If I want to make it in the other two I have a doubt about how to classify it in a logical way

Should all them be

For the pod review1

- name: ELASTIC_APM_SERVICE_NAME
          value: "bookinfo"
        - name: ELASTIC_APM_APPLICATION_PACKAGES
          value: "bookinforeview1"

For the pod review2

- name: ELASTIC_APM_SERVICE_NAME
          value: "bookinfo"
        - name: ELASTIC_APM_APPLICATION_PACKAGES
          value: "bookinforeview2"

For the pod review3

- name: ELASTIC_APM_SERVICE_NAME
          value: "bookinfo"
        - name: ELASTIC_APM_APPLICATION_PACKAGES
          value: "bookinforeview3"

They all belong to the same app.

Thank you very much again Eyal. You make an other person happy today.

Eyal_Koren · February 9, 2023, 2:52pm

Thanks a lot for the feedback! It made be happy as well

I highly encourage you to go thoroughly over our documentation, especially for these types of questions, it will allow you the get the most out of our offering.
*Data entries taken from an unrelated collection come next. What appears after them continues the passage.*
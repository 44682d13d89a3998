-- ===== src/Nanopb/Outcome/Takes.antt =====
-- Functions that never add to what a stream has left.
use social_timeline.Common.{ℕ, ◌≤◌, Bool, true, false, if◌then◌else◌, if-cases}
use native.Mathlib.Nat.{le_refl, le_trans}
use social_timeline.Nanopb.Outcome.{Outcome, ok, fail, Run, bind, left, pure, ◌>>=◌, ◌>>◌}

-- `bytes_of` what is left behind the function, whatever its answer, is at most that before it.
pub data Takes {T A : Type 0} (bytes_of : T → ℕ) (f : Run T A) : Type 0 where
  takes : ((s : T) → bytes_of (left (f s)) ≤ bytes_of s) → Takes bytes_of f

module _ {T : Type 0} {bytes_of : T → ℕ} where
  pub at_most :
      {A : Type 0} {f : Run T A} → Takes bytes_of f → (s : T) → bytes_of (left (f s)) ≤ bytes_of s
  at_most (takes h) = h

  bind_at_most :
      {A B : Type 0} (n : ℕ) (o : Outcome T A) (k : A → Run T B)
      → bytes_of (left o) ≤ n
      → ((a : A) → Takes bytes_of (k a))
      → bytes_of (left (bind o k)) ≤ n
  bind_at_most n (ok a s) k h each = le_trans (at_most (each a) s) h
  bind_at_most n (fail s) k h each = h

  pub Takes-bind :
      {A B : Type 0} {f : Run T A} {k : A → Run T B}
      → Takes bytes_of f
      → ((a : A) → Takes bytes_of (k a))
      → Takes bytes_of (f >>= k)
  Takes-bind {f = f} {k = k} (takes h) each =
      takes λ s. bind_at_most (bytes_of s) (f s) k (h s) each

  pub Takes-then :
      {A B : Type 0} {f : Run T A} {g : Run T B}
      → Takes bytes_of f
      → Takes bytes_of g
      → Takes bytes_of (f >> g)
  Takes-then {f = f} {g = g} (takes h) after =
      takes λ s. bind_at_most (bytes_of s) (f s) (λ _. g) (h s) (λ _. after)

  pub Takes-if :
      {A : Type 0} {f g : Run T A} (b : Bool)
      → Takes bytes_of f
      → Takes bytes_of g
      → Takes bytes_of (if b then f else g)
  Takes-if true f g = f
  Takes-if false f g = g

  pub Takes-either :
      {A : Type 0} {f g : Run T A} (b : Bool)
      → Takes bytes_of f
      → Takes bytes_of g
      → Takes bytes_of (λ s. if b then f s else g s)
  Takes-either true f g = f
  Takes-either false f g = g

  pub Takes-pure : {A : Type 0} (a : A) → Takes bytes_of (pure {T = T} a)
  Takes-pure a = takes λ s. le_refl (bytes_of s)

  -- A test that reads the stream.
  pub Takes-test :
      {A : Type 0} (b : T → Bool) (f g : Run T A)
      → Takes bytes_of f
      → Takes bytes_of g
      → Takes bytes_of (λ s. if b s then f s else g s)
  Takes-test b f g (takes h) (takes h') =
      takes λ s. if-cases (λ o. bytes_of (left o) ≤ bytes_of s) (b s) (f s) (g s) (h s) (h' s)
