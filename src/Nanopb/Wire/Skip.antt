-- ===== src/Nanopb/Wire/Skip.antt =====
-- Skipping a field of an unknown tag (`pb_skip_varint`, `pb_skip_string` and `pb_skip_field` of
-- pb_decode.c).
use social_timeline.Common.{
  ℕ, zero, suc, ◌+◌, ◌-◌, ◌/◌, ◌%◌, ◌^◌, ◌≤◌, ◌<◌, ◌≡◌, ◌≢◌, arith, ◌∙◌, ap, sym,
}
use social_timeline.Common.{
  Option, List, [], ◌∷◌, ◌++◌, length, length-append, append_assoc, ltb, ◌==◌, bit_and, Bool-cases,
  inl, inr, ltb→lt, if◌then◌else◌,
}
use social_timeline.Common.Bits.{bit_and_top}
use social_timeline.Nanopb.Outcome.{Errmsg, invalid_wire_type, first_error, ok, fail, bind}
use social_timeline.Nanopb.Istream
use social_timeline.Nanopb.Istream.{Istream, pb_read, pb_skip}
use social_timeline.Nanopb.Istream.Reads.{reading, pb_read_next, pb_skip_next}
use social_timeline.Nanopb.Varint.{skip_varint_loop, pb_skip_varint}
use social_timeline.Nanopb.Varint.Bytes.{varint}
use social_timeline.Nanopb.Varint.Decode32.{pb_decode_varint32-varint}
use native.Mathlib.Nat.{pow-suc}
use social_timeline.Nanopb.Wire.{
  wt_varint, wt_64bit, wt_string, wt_32bit, pb_skip_string, pb_skip_field,
}

-- The bytes of one value of each wire type.
pub data IsValue : ℕ → List ℕ → Type 0 where
  a_varint : (v : ℕ) → v < 2 ^ 64 → IsValue wt_varint (varint 9 v)
  a_64bit : (bytes : List ℕ) → length bytes ≡ 8 → IsValue wt_64bit bytes
  a_string :
      (bytes : List ℕ)
      → length bytes < 2 ^ 32
      → IsValue wt_string (varint 9 (length bytes) ++ bytes)
  a_32bit : (bytes : List ℕ) → length bytes ≡ 4 → IsValue wt_32bit bytes

module _ {S : Type 0} where
  -- A round on the last byte, and on one with more behind it.
  skip_varint_loop_round :
      (fuel b : ℕ) (l : List ℕ) (n : ℕ) (err : Option Errmsg)
      → 0 < n
      → skip_varint_loop {S = S} (suc fuel) (reading (b ∷ l) n err) ≡ (
          if bit_and b 0x80 == 0
          then ok tt (reading l (n - 1) err)
          else skip_varint_loop fuel (reading l (n - 1) err))
  unfolding skip_varint_loop
  skip_varint_loop_round fuel b l n err h = rw (pb_read_next (b ∷ []) l n err h)

  skip_last :
      (fuel b : ℕ) (l : List ℕ) (n : ℕ) (err : Option Errmsg)
      → b < 128
      → 0 < n
      → skip_varint_loop {S = S} (suc fuel) (reading (b ∷ l) n err) ≡ ok tt (reading l (n - 1) err)
  skip_last fuel b l n err small h =
      let top : bit_and b 0x80 ≡ 0 = omega (arith, bit_and_top b (omega arith)) in
      skip_varint_loop_round fuel b l n err h ∙ rw top

  skip_more :
      (fuel g : ℕ) (l : List ℕ) (n : ℕ) (err : Option Errmsg)
      → g < 128
      → 0 < n
      → skip_varint_loop {S = S} (suc fuel) (reading ((g + 128) ∷ l) n err)
        ≡ skip_varint_loop fuel (reading l (n - 1) err)
  skip_more fuel g l n err small h =
      let top : bit_and (g + 128) 0x80 ≡ 128 = omega (arith, bit_and_top (g + 128) (omega arith)) in
      skip_varint_loop_round fuel (g + 128) l n err h ∙ rw top

  skip_varint_loop-varint :
      (k fuel v : ℕ) (l : List ℕ) (n : ℕ) (err : Option Errmsg)
      → v < 128 ^ suc k
      → n < fuel
      → length (varint k v) ≤ n
      → skip_varint_loop {S = S} fuel (reading (varint k v ++ l) n err)
        ≡ ok tt (reading l (n - length (varint k v)) err)
  unfolding varint
  skip_varint_loop-varint k zero v l n err small enough = absurd (omega arith)
  skip_varint_loop-varint zero (suc fuel) v l n err small enough =
      λ long. skip_last fuel v l n err (omega arith) long
  skip_varint_loop-varint (suc k) (suc fuel) v l n err small enough =
      elim (Bool-cases (ltb v 128)) [
        | inl lt ↦ rw lt λ long. skip_last fuel v l n err (ltb→lt _ _ lt) long
        | inr ge ↦ rw ge λ long.
            skip_more fuel (v % 128) (varint k (v / 128) ++ l) n err (omega arith) (omega arith)
            ∙ skip_varint_loop-varint k fuel (v / 128) l (n - 1) err
                (omega (arith, pow-suc 128 (suc k))) (omega arith) (omega arith)
            ∙ ap (λ m. ok tt (reading l m err)) (omega arith)
      ]

  pb_skip_varint-varint :
      (v n : ℕ) (l : List ℕ) (err : Option Errmsg)
      → v < 2 ^ 64
      → length (varint 9 v) ≤ n
      → pb_skip_varint {S = S} (reading (varint 9 v ++ l) n err)
        ≡ ok tt (reading l (n - length (varint 9 v)) err)
  unfolding pb_skip_varint
  pb_skip_varint-varint v n l err small long =
      skip_varint_loop-varint 9 (n + 1) v l n err (omega arith) (omega arith) long

  pb_skip_string_next :
      (bytes l : List ℕ) (n : ℕ) (err : Option Errmsg)
      → length bytes < 2 ^ 32
      → length (varint 9 (length bytes)) + length bytes ≤ n
      → pb_skip_string {S = S} (reading (varint 9 (length bytes) ++ (bytes ++ l)) n err)
        ≡ ok tt (reading l (n - length (varint 9 (length bytes)) - length bytes) err)
  unfolding pb_skip_string
  pb_skip_string_next bytes l n err small long = rw (
    pb_decode_varint32-varint (length bytes) n (bytes ++ l) err small (omega arith),
    pb_skip_next bytes l (n - length (varint 9 (length bytes))) err (omega arith),
  )

  -- `pb_skip_field` takes just the bytes of one value of the given wire type, if the stream has them
  -- left.
  pub pb_skip_field_value :
      (wire_type : ℕ) (bytes l : List ℕ) (n : ℕ) (err : Option Errmsg)
      → IsValue wire_type bytes
      → length bytes ≤ n
      → pb_skip_field {S = S} wire_type (reading (bytes ++ l) n err)
        ≡ ok tt (reading l (n - length bytes) err)
  unfolding pb_skip_field
  pb_skip_field_value _ _ l n err (a_varint v small) long =
      pb_skip_varint-varint v n l err small long
  pb_skip_field_value _ _ l n err (a_64bit bytes eight) long =
      let next = pb_skip_next {S = S} bytes l n err long in
      ap (λ o. bind o (λ _. ok tt))
        (ap (λ m. pb_skip {S = S} m (reading (bytes ++ l) n err)) (sym eight) ∙ next)
  pb_skip_field_value _ _ l n err (a_string bytes small) long =
      let total = length-append (varint 9 (length bytes)) bytes in
      rw (append_assoc (varint 9 (length bytes)) bytes l) (
        pb_skip_string_next bytes l n err small (omega (arith, total))
        ∙ ap (λ m. ok tt (reading l m err)) (omega (arith, total)))
  pb_skip_field_value _ _ l n err (a_32bit bytes four) long =
      let next = pb_skip_next {S = S} bytes l n err long in
      ap (λ o. bind o (λ _. ok tt))
        (ap (λ m. pb_skip {S = S} m (reading (bytes ++ l) n err)) (sym four) ∙ next)

  -- A wire type other than the four is refused with "invalid wire_type", and nothing is read.
  pub pb_skip_field_refused :
      (wire_type : ℕ) (s : Istream S)
      → wire_type ≢ wt_varint
      → wire_type ≢ wt_64bit
      → wire_type ≢ wt_string
      → wire_type ≢ wt_32bit
      → pb_skip_field wire_type s
        ≡ fail (record s { errmsg = first_error s.errmsg invalid_wire_type })
  unfolding pb_skip_field Istream.return_error
  pb_skip_field_refused wire_type s a b c d = ground arith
service_name is the major high-level aggregation for APM traces. If your pods are running difference services, then each should get its own service_name.
If each of these pod runs the exact same service logic and you use multiple instances in order to get horizontal scalability, then all should have the same service name but each would have a different service_node_name. You don't have to manually set it though, only if you want it to get a specific name. If you don't set it, the service node name would be the container ID.
As for application_packages- this is a completely irrelevant configuration. It should be set with the root package name of your application classes.

I hope this helps. Good luck!

system · March 2, 2023, 10:53am

This topic was automatically closed 20 days after the last reply. New replies are no longer allowed.